Sunday, 4 August 2013

Indian boy with tail worshipped as living god

 A 12-year-old boy having what looks like a tail is being worshipped as a living god in India.
The boy who lives in Chandigarh, India, has what looks like a 7-inch tail sticking out of his back. Arshid Ali Khan is worshipped as the living incarnation of the Hindu monkey god Hanuman, and has faithful followers who refer to him as “Balaji,” Nairaland.com reported.

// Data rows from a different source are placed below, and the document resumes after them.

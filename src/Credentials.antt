-- ===== src/Credentials.antt =====
-- business/domain/credential/credentialbus/credentialbus.go: the credentials of one run. That they are
-- overwritten after use is not modelled.
pub mod ForRun
use sion_backup.Prelude.{ℕ, Bool, true, false, Option, none, some, not, ◌&&◌, ℤ, if◌then◌else◌}
use sion_backup.Prelude.Text.{Text, is_empty}
use sion_backup.Prelude.Result.{Result, ok, err}
use sion_backup.Restic.Command.{Repository}

pub record Credentials : Type 0 where
  pub access_key_id : Text
  pub secret_access_key : Text
  pub restic_password : Text

unfoldable pub complete : Credentials → Bool
complete c =
    not (is_empty c.access_key_id)
    && not (is_empty c.secret_access_key)
    && not (is_empty c.restic_password)

unfoldable pub repository : Credentials → Text → ℤ → ℤ → Repository
repository c url pack_size_mib read_concurrency = record {
  url = url;
  password = c.restic_password;
  access_key_id = c.access_key_id;
  secret_access_key = c.secret_access_key;
  pack_size_mib = pack_size_mib;
  read_concurrency = read_concurrency;
}

-- The key pair on the owner's card.
pub record RestoreKey : Type 0 where
  pub access_key_id : Text
  pub secret_access_key : Text

unfoldable pub complete_pair : RestoreKey → Bool
complete_pair r = not (is_empty r.access_key_id) && not (is_empty r.secret_access_key)

pub record Set : Type 0 where
  pub repository_url : Text
  pub version : ℕ
  pub credentials : Credentials
  pub repository_state : Text
  pub expect_empty : Bool
  pub restore : RestoreKey

pub data CredentialError : Type 0 where
  not_enrolled source_failed incomplete no_url : CredentialError

abbrev pub fetched : Option Set → Result CredentialError Set
fetched none = err source_failed
fetched (some s) =
    if not (complete s.credentials)
    then err incomplete
    else if is_empty s.repository_url
    then err no_url
    else ok s

-- ForRun, from what Fetch returns; none where it fails.
unfoldable pub for_run : Bool → Option Set → Result CredentialError Set
for_run enrolled answer = if enrolled then fetched answer else err not_enrolled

Doctors have a different, less spiritual, theory: The appendage is actually meningocele, a rare form of spina bifida that causes the spine to grow abnormally. As a result, Khan is worshipped as the living incarnation of the Hindu monkey god Hanuman, and has faithful followers who refer to him as “Balaji,” Nairaland.com reported.
Although medical experts believe Khan should have the “tail” removed because he risks further medical problems, he is philosophically opposed to it. “I love my tail. It’s a gift from God. It’s unusual, but people respect me and bow before me because of it,” he said, according to the Sun. “I feel special.”
Khan is the first Indian to claim having a human tail. A teenage girl was the first to spot a similar ‘tail.’ Ke$ha, who previously claimed she had sex with a ghost, told the British publication Heat that she was born with a tail, but that it was removed before she could shake it.
“I had a tail when I was born. It was a tiny tail, about a quarter of an inch, then they chopped it off and stole my tail,” she told Heat. “That was when I was little. I’m really sad about that story.” Ke$ha’s alleged tale has been lost to history (and to the hospital waste bin.)
Dr. Scott Meyer, a member of the neuro-spine team at Morristown Medical Center in New Jersey, said meningocele can be associated with a tuft of hair in the lower back.
 “The combination of a membranous sac with a tuft of hair could certainly produce a likeness to a monkey’s tail,” he told The Huffington Post.
He recommends people who have meningocele have surgery to put the “tail” back into the body because of an increased risk of infection. Meyer added that the condition has been reduced by 50 percent in North America thanks to programs that “support folic acid supplementation during pregnancy.”
About 40 cases of human tails have been reported according to a study by the People’s Journal of Scientifc Research, but you don’t necessarily need the condition to have one.